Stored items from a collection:
== == ==

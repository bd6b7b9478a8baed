-- ===== src/Test/Shards.antt =====
-- The machines of a sharded run together run each class once.
use jrs.Prelude.{
  ℕ, zero, suc, Text, List, ◌∷◌, [], map, length, get_or, replicate, ◌+◌, ◌-◌, ◌≤◌, ◌<◌, ◌≡◌, refl,
  ap, ◌∙◌, arith, length-replicate, Option, none, some, retain, not,
}
use jrs.Test.{
  Times, Share, sort_by, at_most, select, Shard, shares_of, deal, empty_share, lighter, smaller,
  forks_of, time_of, slower, is_measured, parse_shard, parsed, shard_of, both_numbers, split_once,
}
use jrs.Test.Shares.{occurrences, in_all, occurrences-sort_by, shares_of_partition, length-deal}

-- How often the first `k` lists have a class, read by index.
in_first : Text → List (List Text) → ℕ → ℕ
in_first c xss zero = 0
in_first c xss (suc k) = in_first c xss k + occurrences c (get_or xss k [])

in_first-nil : (c : Text) (k : ℕ) → in_first c [] k ≡ 0
unfolding in_first occurrences
in_first-nil c zero = refl
in_first-nil c (suc k) = omega (arith, in_first-nil c k)

in_first-cons :
    (c : Text) (xs : List Text) (xss : List (List Text)) (k : ℕ)
    → in_first c (xs ∷ xss) (suc k) ≡ occurrences c xs + in_first c xss k
unfolding in_first
in_first-cons c xs xss zero = omega arith
in_first-cons c xs xss (suc k) = omega (arith, in_first-cons c xs xss k)

in_first_all :
    (c : Text) (xss : List (List Text)) (k : ℕ) → length xss ≤ k → in_first c xss k ≡ in_all c xss
unfolding in_all
in_first_all c [] k h = in_first-nil c k
in_first_all c (xs ∷ xss) zero h = absurd (omega (arith, h))
in_first_all c (xs ∷ xss) (suc k) h =
    in_first-cons c xs xss k
    ∙ ap (λ n. occurrences c xs + n) (in_first_all c xss k (omega (arith, h)))

length-map-sorted :
    (shares : List Share) → length (map (λ (s : Share). sort_by at_most s.0) shares) ≡ length shares
length-map-sorted [] = refl
length-map-sorted (s ∷ ss) = ap suc (length-map-sorted ss)

length-shares_of :
    (classes : List Text) (forks : ℕ) (times : Times)
    → length (shares_of classes forks times) ≡ forks_of forks classes
unfolding shares_of
length-shares_of classes forks times =
    let first =
      deal lighter (time_of times) (replicate (forks_of forks classes) empty_share)
        (sort_by (slower times) (retain (is_measured times) classes)) in
    length-map-sorted
      (deal smaller (λ _. 0) first (retain (λ x. not (is_measured times x)) classes))
    ∙ length-deal smaller (λ _. 0) first (retain (λ x. not (is_measured times x)) classes)
    ∙ length-deal lighter (time_of times) (replicate (forks_of forks classes) empty_share)
        (sort_by (slower times) (retain (is_measured times) classes))
    ∙ length-replicate (forks_of forks classes) empty_share

-- How often the machines `1` to `k` of `count` run a class.
unfoldable pub on_machines : Text → List Text → ℕ → ℕ → ℕ
unfolding occurrences
on_machines c classes count zero = 0
on_machines c classes count (suc k) =
    on_machines c classes count k
    + occurrences c (select (record { index = suc k; count = count }) classes)

on_machines-eq :
    (c : Text) (classes : List Text) (count k : ℕ)
    → on_machines c classes count k ≡ in_first c (shares_of (sort_by at_most classes) count []) k
unfolding on_machines in_first select
on_machines-eq c classes count zero = refl
on_machines-eq c classes count (suc k) =
    let place : suc k - 1 ≡ k = omega arith in rw (place, on_machines-eq c classes count k) refl

-- The machines of a run sharded over one or more of them run each class together exactly as often
-- as the suite has it.
pub select_once :
    (classes : List Text) (count : ℕ) (c : Text)
    → 0 < count
    → on_machines c classes count count ≡ occurrences c classes
select_once classes count c h =
    let sorted = sort_by at_most classes in
    on_machines-eq c classes count count
    ∙ in_first_all c (shares_of sorted count []) count
        (omega (arith, h, length-shares_of sorted count []))
    ∙ shares_of_partition sorted count [] c
    ∙ occurrences-sort_by at_most c classes

shard_of_sound :
    (s : Text) (o : Option (ℕ × ℕ)) (shard : Shard)
    → shard_of s o ≡ parsed shard
    → (1 ≤ shard.index) × (shard.index ≤ shard.count)
unfolding shard_of
shard_of_sound s none shard h = absurd (ground (arith, h))
shard_of_sound s (some (i, n)) shard h = ground (arith, h)

-- A shard that is parsed exists: its index is between 1 and its count.
pub parse_shard_sound :
    (s : Text) (shard : Shard)
    → parse_shard s ≡ parsed shard
    → (1 ≤ shard.index) × (shard.index ≤ shard.count)
unfolding parse_shard
parse_shard_sound s shard h = shard_of_sound s (both_numbers (split_once s)) shard h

== == ==

» WHAT YOU SHOULD DO: Copy out, word for word, the part of the entries above that begins at the line with "in_first : Text → List (List Text) → ℕ → ℕ" and ends at the line with "in_first-cons c xs xss zero = omega arith", including both.

» YOUR SOLUTION:
in_first : Text → List (List Text) → ℕ → ℕ
in_first c xss zero = 0
in_first c xss (suc k) = in_first c xss k + occurrences c (get_or xss k [])

in_first-nil : (c : Text) (k : ℕ) → in_first c [] k ≡ 0
unfolding in_first occurrences
in_first-nil c zero = refl
in_first-nil c (suc k) = omega (arith, in_first-nil c k)

in_first-cons :
    (c : Text) (xs : List Text) (xss : List (List Text)) (k : ℕ)
    → in_first c (xs ∷ xss) (suc k) ≡ occurrences c xs + in_first c xss k
unfolding in_first
in_first-cons c xs xss zero = omega arith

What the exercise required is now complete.